Qwen3 uses about 36 trillion tokens, and the pre-training phase is divided into three steps:

1. The model is pre-trained on more than 30 trillion tokens with a context length of 4K tokens. This phase provides the model with basic language skills and general knowledge
2. The dataset was improved by increasing the proportion of knowledge-intensive data (such as STEM, programming, and reasoning tasks), and the model was subsequently pre-trained on an additional 5 trillion tokens
3. Extend the context length to 32K tokens using high-quality long context data

The post-training is divided into 4 steps

1. Long-term thinking chain cold start: The model was fine-tuned using a variety of long-term thinking chain data, covering a variety of tasks and fields such as mathematics, coding, logical reasoning, and STEM problems.
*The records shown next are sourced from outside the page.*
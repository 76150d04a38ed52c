-- ===== src/Connection/Runs.antt =====
-- src/smtp_connection.c: what holds of a run by cases on a test, behind a log line, behind an assertion.
use smtpc_cli.Connection.State.{
  LogEvent, Detail, logged, World, Run, done, aborted, Holds, ◌>>=◌, contains_cr_or_lf,
}
use smtpc_cli.Connection.Io.{emit, add_event, detail_is_bad}
use smtpc_cli.Connection.Machine.{asserting}
use smtpc_cli.Common.{Bool, true, false, ◌||◌, ◌≡◌, refl, if◌then◌else◌}

module _ {E : Type 0} (P : World E → Type 0) where
  pub either : (b : Bool) (r s : Run E) → Holds r P → Holds s P → Holds (if b then r else s) P
  either true r s h k = h
  either false r s h k = k

  pub either_under :
      (b : Bool) (r s : Run E)
      → (b ≡ true → Holds r P)
      → (b ≡ false → Holds s P)
      → Holds (if b then r else s) P
  either_under true r s h k = h refl
  either_under false r s h k = k refl

  held :
      (bad : Bool) (r : Run E) (f : World E → Run E)
      → Holds (r >>= f) P
      → Holds ((if bad then aborted else r) >>= f) P
  held true r f h = tt
  held false r f h = h

  pub after :
      (e : LogEvent) (d : Detail) (w : World E) (f : World E → Run E)
      → Holds (f (add_event (logged e d) w)) P
      → Holds (emit e d w >>= f) P
  unfolding emit
  after e d w f h =
      held (contains_cr_or_lf w.conn.actor || detail_is_bad d) (done (add_event (logged e d) w)) f h

  pub asserting_under : (b : Bool) (r : Run E) → (b ≡ true → Holds r P) → Holds (asserting b r) P
  asserting_under true r h = h refl
  asserting_under false r h = tt

  pub after_either :
      (b : Bool) (e e' : LogEvent) (d d' : Detail) (w : World E) (f : World E → Run E)
      → Holds (f (add_event (logged e d) w)) P
      → Holds (f (add_event (logged e' d') w)) P
      → Holds ((if b then emit e d w else emit e' d' w) >>= f) P
  after_either true e e' d d' w f h n = after e d w f h
  after_either false e e' d d' w f h n = after e' d' w f n
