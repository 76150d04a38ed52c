-- ===== src/Connection/Frame.antt =====
-- src/smtp_connection.c: what its handlers keep. A predicate on the received bytes, the TLS mode, the
-- actor and the trust flag survives a handler if it survives the emptying of the buffer.
mod Dialogue
pub mod Machine
use smtpc_cli.Connection.Runs.{either, either_under, after, asserting_under, after_either}
use smtpc_cli.Connection.State.{
  TlsMode, LogEvent, Detail, literal, text, logged, log_error, log_ehlo, log_reply, log_connected,
  log_starttls, log_capabilities, log_tls_begin, log_tls_fail, log_tls_ok, log_tls_cert_warning,
  TlsStep, TlsStatus, tls_ok, want_read, want_write, tls_error, Platform, World, Run, done, aborted,
  Holds, ◌>>=◌, contains_cr_or_lf, ConnState, mode_none, implicit, opportunistic, explicit,
  CertInfo, connecting, wait_banner, sending_ehlo, wait_ehlo, sending_starttls, wait_starttls_reply,
  tls_handshaking, ready, error, timed_out, read_buf_size, write_buf_size, log_timeout,
}
use smtpc_cli.Connection.Io.{
  emit, fail_with, or_error, add_event, submit_read_bytes, submit_write_bytes, write_encrypted,
  write_raw, read_cipher, first_step, start_engine, begin_tls_handshake, set_state, detail_is_bad,
  build_ehlo_command,
}
use smtpc_cli.Connection.Handlers.{
  IoResult, append_received, on_chunk, read_more, await_banner, handle_connected,
  handle_connect_completion, send_command, send_ehlo, handle_greeting, handle_banner,
  handle_banner_read, is_2xx,
}
use smtpc_cli.Connection.Handlers.Starttls.{
  handle_ehlo_write_completion, send_starttls, upgrade_or_ready, handle_summarised,
  handle_capabilities, handle_ehlo, handle_ehlo_read, handle_starttls_write_completion,
  handle_starttls_answer, handle_starttls_reply,
}
use smtpc_cli.Connection.Handlers.Handshake.{
  handle_established, handle_handshake_step, handle_handshake_input, handle_tls_handshake,
  handshake_input,
}
use smtpc_cli.Connection.Machine.{
  is_read, is_write, is_connect, is_handshaking, is_terminal, asserting, dispatch, decrypted,
  on_plain_io, on_handshake_io, on_io, check_timeout,
}
use smtpc_cli.ReplyReader.{Outcome, Reply}
use smtpc_cli.Capabilities.{EhloResult}
use smtpc_cli.Common.{
  arith, ℕ, ◌-◌, ◌<◌, Bool, true, false, ◌||◌, ◌&&◌, not, Bytes, [], ◌∷◌, ◌++◌, ◌≡◌, refl, Option,
  some, none, leb, ◌==◌, length, if◌then◌else◌,
}
use Prim.Native.String.{String}

pub record Frame : Type 1 where
  pub holds : (received : Bytes) (mode : TlsMode) (actor : Bytes) (trust : Bool) → Type 0
  pub emptied :
      (received : Bytes) (mode : TlsMode) (actor : Bytes) (trust : Bool)
      → holds received mode actor trust
      → holds [] mode actor trust

module _ (k : Frame) (p : Platform) where
  open p use {Engine, create, decrypt}

  abbrev pub Keeps : World Engine → Type 0
  Keeps w = k.holds w.conn.received w.conn.tls_mode w.conn.actor w.conn.trust

  pub empties : (w : World Engine) → Keeps w → k.holds [] w.conn.tls_mode w.conn.actor w.conn.trust
  empties w h = k.emptied w.conn.received w.conn.tls_mode w.conn.actor w.conn.trust h

  pub fail_with-Keeps :
      (e : LogEvent) (m : String) (w : World Engine) → Keeps w → Holds (fail_with e m w) Keeps
  unfolding fail_with
  fail_with-Keeps e m w h = after Keeps e (literal m) w (λ w'. done (set_state error w')) h

  pub or_error-Keeps : (w : World Engine) (answer : Bool) → Keeps w → Keeps (or_error (w, answer))
  or_error-Keeps w true h = h
  or_error-Keeps w false h = h

  pub submit_read_bytes-Keeps :
      (w : World Engine) → Keeps w → Keeps (or_error (submit_read_bytes p w))
  unfolding submit_read_bytes
  submit_read_bytes-Keeps w h = ground arith

  pub write_encrypted-Keeps :
      (step : TlsStep Engine) (w : World Engine)
      → Keeps w
      → Keeps (or_error (write_encrypted p step w))
  write_encrypted-Keeps step w h = ground arith

  pub submit_write_bytes-Keeps :
      (bytes : Bytes) (w : World Engine) → Keeps w → Keeps (or_error (submit_write_bytes p bytes w))
  unfolding submit_write_bytes
  submit_write_bytes-Keeps bytes w h = ground arith

  pub first_step-Keeps :
      (step : TlsStep Engine) (w : World Engine) → Keeps w → Holds (first_step p step w) Keeps
  unfolding first_step
  first_step-Keeps step w h =
      let f =
        fail_with-Keeps log_tls_fail "TLS handshake failed to start"
          (record w { conn = record (w.conn) { tls = some step.engine } }) h in
      ground arith

  pub begin_tls_handshake-Keeps :
      (now_ms : ℕ) (detail : String) (w : World Engine)
      → Keeps w
      → Holds (begin_tls_handshake p now_ms detail w) Keeps
  unfolding begin_tls_handshake start_engine
  begin_tls_handshake-Keeps now_ms detail w h =
      let f =
        fail_with-Keeps log_tls_fail "failed to create the TLS engine"
          (record w { conn = record (w.conn) { tls = none } }) h in
      elim (create w.conn.actor w.conn.trust)
        as (λ made.
          Holds
            (elim made [
              | none ↦
                  fail_with log_tls_fail "failed to create the TLS engine"
                    (record w { conn = record (w.conn) { tls = none } })
              | some engine ↦
                  start_engine p engine now_ms detail
                    (record w { conn = record (w.conn) { tls = some engine } })
            ])
            Keeps) [
              | none ↦ f
              | some engine ↦
                  after Keeps log_tls_begin (literal detail) _ _
                    (first_step-Keeps _ _ (empties w h))
            ]
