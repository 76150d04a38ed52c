-- ===== src/Connection/Frame/Dialogue.antt =====
-- src/smtp_connection.c: what the handlers of the greeting, of EHLO and of STARTTLS keep.
use smtpc_cli.Connection.Runs.{either, either_under, after}
use smtpc_cli.Connection.State.{
  TlsMode, literal, text, log_error, log_ehlo, log_reply, log_starttls, log_capabilities,
  log_tls_fail, Platform, World, Run, Holds, mode_none, implicit, opportunistic, explicit,
  write_buf_size,
}
use smtpc_cli.Connection.Io.{build_ehlo_command}
use smtpc_cli.Connection.Handlers.{
  IoResult, append_received, on_chunk, read_more, await_banner, handle_connected, send_command,
  send_ehlo, handle_greeting, handle_banner, is_2xx,
}
use smtpc_cli.Connection.Handlers.Starttls.{
  send_starttls, upgrade_or_ready, handle_summarised, handle_capabilities, handle_ehlo,
  handle_starttls_answer,
}
use smtpc_cli.ReplyReader.{Outcome}
use smtpc_cli.Capabilities.{EhloResult}
use smtpc_cli.Common.{arith, ℕ, false, not, Bytes, [], ◌∷◌, ◌≡◌, Option, some, none, ◌==◌, length}
use Prim.Native.String.{String}
use smtpc_cli.Connection.Frame.{
  Frame, empties, fail_with-Keeps, submit_read_bytes-Keeps, submit_write_bytes-Keeps,
  begin_tls_handshake-Keeps, Keeps,
}

module _ (k : Frame) (p : Platform) where
  open p use {Engine, create, decrypt}

  pub on_chunk-Keeps :
      (result : IoResult) (m c : String) (w : World Engine) (next : World Engine → Run Engine)
      → Keeps k p w
      → (result.failed ≡ false → Holds (next (append_received result.chunk w)) (Keeps k p))
      → Holds (on_chunk result m c w next) (Keeps k p)
  unfolding on_chunk
  on_chunk-Keeps result m c w next h n =
      either_under (Keeps k p) result.failed _ _ (λ _. fail_with-Keeps k p log_error m w h)
        (λ f.
          either (Keeps k p) (length result.chunk == 0) _ _ (fail_with-Keeps k p log_error c w h)
            (n f))

  pub read_more-Keeps :
      (m : String) (w : World Engine) → Keeps k p w → Holds (read_more p m w) (Keeps k p)
  unfolding read_more
  read_more-Keeps m w h =
      let f = fail_with-Keeps k p log_error m w h in
      let r = submit_read_bytes-Keeps k p w h in ground arith

  pub await_banner-Keeps :
      (now_ms : ℕ) (w : World Engine) → Keeps k p w → Holds (await_banner p now_ms w) (Keeps k p)
  unfolding await_banner
  await_banner-Keeps now_ms w h = submit_read_bytes-Keeps k p _ (empties k p w h)

  pub send_command-Keeps :
      (command identity : Bytes) (now_ms : ℕ) (w : World Engine)
      → Keeps k p w
      → Holds (send_command p command identity now_ms w) (Keeps k p)
  unfolding send_command
  send_command-Keeps [] identity now_ms w h = fail_with-Keeps k p log_error _ w h
  send_command-Keeps (c ∷ cs) identity now_ms w h =
      after (Keeps k p) log_ehlo (text identity) w _ (submit_write_bytes-Keeps k p (c ∷ cs) _ h)

  pub send_ehlo-Keeps :
      (identity : Bytes) (now_ms : ℕ) (w : World Engine)
      → Keeps k p w
      → Holds (send_ehlo p identity now_ms w) (Keeps k p)
  unfolding send_ehlo
  send_ehlo-Keeps identity now_ms w h =
      send_command-Keeps (build_ehlo_command write_buf_size identity) identity now_ms _ h

  pub handle_connected-Keeps :
      (mode : TlsMode) (now_ms : ℕ) (w : World Engine)
      → Keeps k p w
      → Holds (handle_connected p mode now_ms w) (Keeps k p)
  unfolding handle_connected
  handle_connected-Keeps implicit now_ms w h = begin_tls_handshake-Keeps k p now_ms _ w h
  handle_connected-Keeps _ now_ms w h = await_banner-Keeps now_ms w h

  pub handle_banner-Keeps :
      (o : Outcome) (identity : Bytes) (now_ms : ℕ) (w : World Engine)
      → Keeps k p w
      → Holds (handle_banner p o identity now_ms w) (Keeps k p)
  unfolding handle_banner handle_greeting
  handle_banner-Keeps (Outcome.ok reply) identity now_ms w h =
      after (Keeps k p) log_reply (text _) _ _ (
        either (Keeps k p) (not (is_2xx reply.code)) _ _ (fail_with-Keeps k p log_error _ _ h)
          (send_ehlo-Keeps identity now_ms _ h))
  handle_banner-Keeps Outcome.incomplete identity now_ms w h = read_more-Keeps _ w h
  handle_banner-Keeps (Outcome.fail _) identity now_ms w h = fail_with-Keeps k p log_error _ w h

  pub send_starttls-Keeps :
      (now_ms : ℕ) (w : World Engine) → Keeps k p w → Holds (send_starttls p now_ms w) (Keeps k p)
  unfolding send_starttls
  send_starttls-Keeps now_ms w h =
      after (Keeps k p) log_starttls (literal "sending STARTTLS") w _
        (submit_write_bytes-Keeps k p _ _ h)

  pub upgrade_or_ready-Keeps :
      (mode : TlsMode) (now_ms : ℕ) (w : World Engine)
      → Keeps k p w
      → Holds (upgrade_or_ready p mode now_ms w) (Keeps k p)
  unfolding upgrade_or_ready
  upgrade_or_ready-Keeps mode_none now_ms w h = h
  upgrade_or_ready-Keeps opportunistic now_ms w h =
      either (Keeps k p) w.caps.has_starttls _ _ (send_starttls-Keeps now_ms w h) h
  upgrade_or_ready-Keeps explicit now_ms w h =
      either (Keeps k p) w.caps.has_starttls _ _ (send_starttls-Keeps now_ms w h)
        (fail_with-Keeps k p log_error _ w h)
  upgrade_or_ready-Keeps implicit now_ms w h = tt

  pub handle_summarised-Keeps :
      (tls : Option Engine) (now_ms : ℕ) (w : World Engine)
      → Keeps k p w
      → Holds (handle_summarised p tls now_ms w) (Keeps k p)
  unfolding handle_summarised
  handle_summarised-Keeps none now_ms w h = upgrade_or_ready-Keeps w.conn.tls_mode now_ms w h
  handle_summarised-Keeps (some engine) now_ms w h = h

  pub handle_ehlo-Keeps :
      (r : EhloResult) (now_ms : ℕ) (w : World Engine)
      → Keeps k p w
      → Holds (handle_ehlo p r now_ms w) (Keeps k p)
  unfolding handle_ehlo handle_capabilities
  handle_ehlo-Keeps (EhloResult.ok caps) now_ms w h =
      after (Keeps k p) log_capabilities (text _) _ _
        (handle_summarised-Keeps w.conn.tls now_ms _ h)
  handle_ehlo-Keeps (EhloResult.other Outcome.incomplete) now_ms w h = read_more-Keeps _ w h
  handle_ehlo-Keeps (EhloResult.other (Outcome.ok _)) now_ms w h =
      fail_with-Keeps k p log_error _ w h
  handle_ehlo-Keeps (EhloResult.other (Outcome.fail _)) now_ms w h =
      fail_with-Keeps k p log_error _ w h
  handle_ehlo-Keeps EhloResult.aborted now_ms w h = tt

  pub handle_starttls_answer-Keeps :
      (o : Outcome) (now_ms : ℕ) (w : World Engine)
      → Keeps k p w
      → Holds (handle_starttls_answer p o now_ms w) (Keeps k p)
  unfolding handle_starttls_answer
  handle_starttls_answer-Keeps (Outcome.ok reply) now_ms w h =
      either (Keeps k p) (not (is_2xx reply.code)) _ _ (fail_with-Keeps k p log_tls_fail _ w h)
        (begin_tls_handshake-Keeps k p now_ms _ w h)
  handle_starttls_answer-Keeps Outcome.incomplete now_ms w h = read_more-Keeps _ w h
  handle_starttls_answer-Keeps (Outcome.fail _) now_ms w h = fail_with-Keeps k p log_error _ w h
This process aims to equip the model with basic reasoning capabilities
2. Long thought chain reinforcement learning: the focus is onLarge-Scale Reinforcement Learning, using rule-based rewards to enhance the model's exploration and exploration capabilities
3. Thinking mode integration: integrating non-thinking modes into thinking models
4. General Reinforcement Learning: Reinforcement learning is applied to more than 20 general domain tasks to further enhance the general capabilities of the model and correct bad behaviors

Using qwen3

Upgrading Ollama

The qwen3 model requires ollama v0.6.6 or higher . First upgrade ollama on Linux to v0.6.6:

wget https://github.com/ollama/ollama/releases/download/v0.6.6/ollama-linux-amd64.tgz
sudo systemctl stop ollama
sudo rm -rf /usr/lib/ollama
sudo tar -C /usr -xzf ollama-linux-amd64.tgz
sudo systemctl start ollama

After the upgrade, download qwen3:8bModel, size is 5.2G

$  ollama pull qwen3:8b
pulling manifest
pulling a3de86cd1c13: 100% ▕ █████████████████████████████████████████████████████████████████████████████████████████ ▏ 5.2 GB
pulling eb4402837c78: 100% ▗
pulling d18a5cc71b84: 100% ▗
pulling cff3f395ef37: 100% ▗
pulling 05a61d37b084: 100% ▗
verifying sha256 digest
writing manifest
success

After configuring the model, use it in LobeChat qwen3:8b See the actual effect:

In terms of content classification, DeepSeek-R1:14B and qwen3:8b are on par with each other.

In terms of content classification, DeepSeek-R1:14B beats qwen3:8b.

In general, each has its own advantages, and you should choose a model based on the actual results.